→ **EXERCISE BRIEF**:
Go through the listing and copy each line that has the string "dead" in it.
Start of RECORDED DATA
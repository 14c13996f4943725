-- ===== src/Auth/Tests.antt =====
-- Concrete runs of the code of gateway/src/auth, and the theorems about it at those runs.
use rust_web_fullstack.Prelude.{
  ℕ, ◌+◌, ◌*◌, true, false, Text, codes, Option, none, some, [], ◌∷◌, ok, ◌≡◌, refl, arith,
}
use rust_web_fullstack.Prelude.Int.{ℤ, pos}
use rust_web_fullstack.Domain.{DateTime, UserId, as_uuid, try_from}
use rust_web_fullstack.Auth.Store.{Row, Table, select_any, select_active, mark_replaced, insert}
use rust_web_fullstack.Auth.Store.Counts.{count, is_replaced}
use rust_web_fullstack.Auth.Refresh.{
  Libraries, RotationResult, Outcomes, committed, rotate, hash_refresh_token,
}
use rust_web_fullstack.Auth.Refresh.Renewal.{Goes, rotate_again}
use rust_web_fullstack.Auth.Refresh.Integrity.{IsSound}
use rust_web_fullstack.Auth.Refresh.View.{view, present}
use rust_web_fullstack.Auth.Refresh.View.Refines.{rotate-Refines}
use rust_web_fullstack.Auth.Refresh.Isolation.{others, rotate_confined}

abbrev pub digest : Text → ℕ
digest [] = 7
digest (c ∷ s) = c + 256 * digest s

abbrev pub add_seconds : DateTime → ℤ → Option DateTime
add_seconds (pos t) (pos n) = some (pos (t + n * 1_000_000))
add_seconds t n = none

abbrev pub lib : Libraries
lib = record { sha256 = digest; base64 = λ bytes. bytes; add_seconds = add_seconds }

abbrev pub raw : Text
raw = codes "token"

abbrev pub row : Row
row = record {
  jti = 1;
  family_id = 1;
  subject = 9;
  hashed_token = digest raw;
  expires_at = pos 1_000;
  revoked_at = none;
  replaced_by = none;
  created_at = pos 0;
}

abbrev pub table : Table
table = row ∷ []

pub single-IsSound : (r : Row) → r.family_id ≡ r.jti → is_replaced r ≡ false → IsSound (r ∷ [])
unfolding count
single-IsSound r e dead = record {
  jtis = λ j. ground arith;
  digests = λ h. ground arith;
  one_live = λ f. ground arith;
  rooted = λ f none_there. ground (arith, none_there, e);
  replaced_dead = ground (arith, dead);
}

pub table-IsSound : IsSound table
table-IsSound = single-IsSound row refl refl

abbrev pub outcomes : Outcomes
outcomes = record {
  begins = true;
  reads = true;
  reads_any = true;
  revokes = true;
  random_bytes = some (1 ∷ 2 ∷ []);
  new_v4 = 2;
  marks = true;
  inserts = true;
  commits = committed;
}

abbrev pub user : UserId
user = record { uuid = 9 }

abbrev result : RotationResult
result = record { new_raw_token = 1 ∷ 2 ∷ []; subject = user }

abbrev rotated_table : Table
rotated_table =
    record {
      jti = 2;
      family_id = 1;
      subject = 9;
      hashed_token = digest (1 ∷ 2 ∷ []);
      expires_at = pos 60_000_010;
      revoked_at = none;
      replaced_by = none;
      created_at = pos 10;
    }
    ∷ record row { revoked_at = some (pos 10); replaced_by = some 2 }
    ∷ []

rotates : rotate lib outcomes raw (pos 10) (pos 60) table ≡ (rotated_table, ok (some result))
unfolding rotate select_active try_from insert mark_replaced as_uuid
rotates = refl

abbrev spent : Row
spent = record row { revoked_at = some (pos 10); replaced_by = some 2 }

rotate_confined_example :
    others 1 (rotate lib outcomes raw (pos 10) (pos 60) table).0 ≡ others 1 table
unfolding select_any hash_refresh_token
rotate_confined_example =
    rotate_confined lib outcomes raw (pos 10) (pos 60) table row table-IsSound refl

abbrev later_outcomes : Outcomes
later_outcomes = record outcomes { random_bytes = some (5 ∷ []); new_v4 = 3 }

goes_again : Goes lib later_outcomes (pos 20) (pos 60) rotated_table
unfolding hash_refresh_token
goes_again = record {
  positive = refl;
  until = pos 60_000_020;
  later = refl;
  carried_out = (refl, refl, refl, refl, refl);
  bytes = 5 ∷ [];
  random = refl;
  unused = refl;
}

rotate_again_example :
    (res : RotationResult) × ((rotate lib later_outcomes
        (1 ∷ 2 ∷ [])
        (pos 20)
        (pos 60)
        rotated_table).1
      ≡ ok (some res))
    × (as_uuid res.subject ≡ as_uuid user)
rotate_again_example =
    rotate_again lib outcomes later_outcomes raw (pos 10) (pos 20) (pos 60_000_010) (pos 60)
      (pos 60) table rotated_table result rotates refl refl goes_again

rotate-Refines_example :
    (view rotated_table, some 9)
    ≡ present
        (hash_refresh_token lib raw)
        (pos 10)
        (hash_refresh_token lib (1 ∷ 2 ∷ []))
        (pos 60_000_010)
        (view table)
unfolding as_uuid
rotate-Refines_example =
    rotate-Refines lib outcomes raw (pos 10) (pos 60_000_010) (pos 60) table rotated_table
      (1 ∷ 2 ∷ []) (some result) table-IsSound refl refl rotates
End of RECORDED DATA
→ **ANSWER BOX**:
single-IsSound r e dead = record {
  replaced_dead = ground (arith, dead);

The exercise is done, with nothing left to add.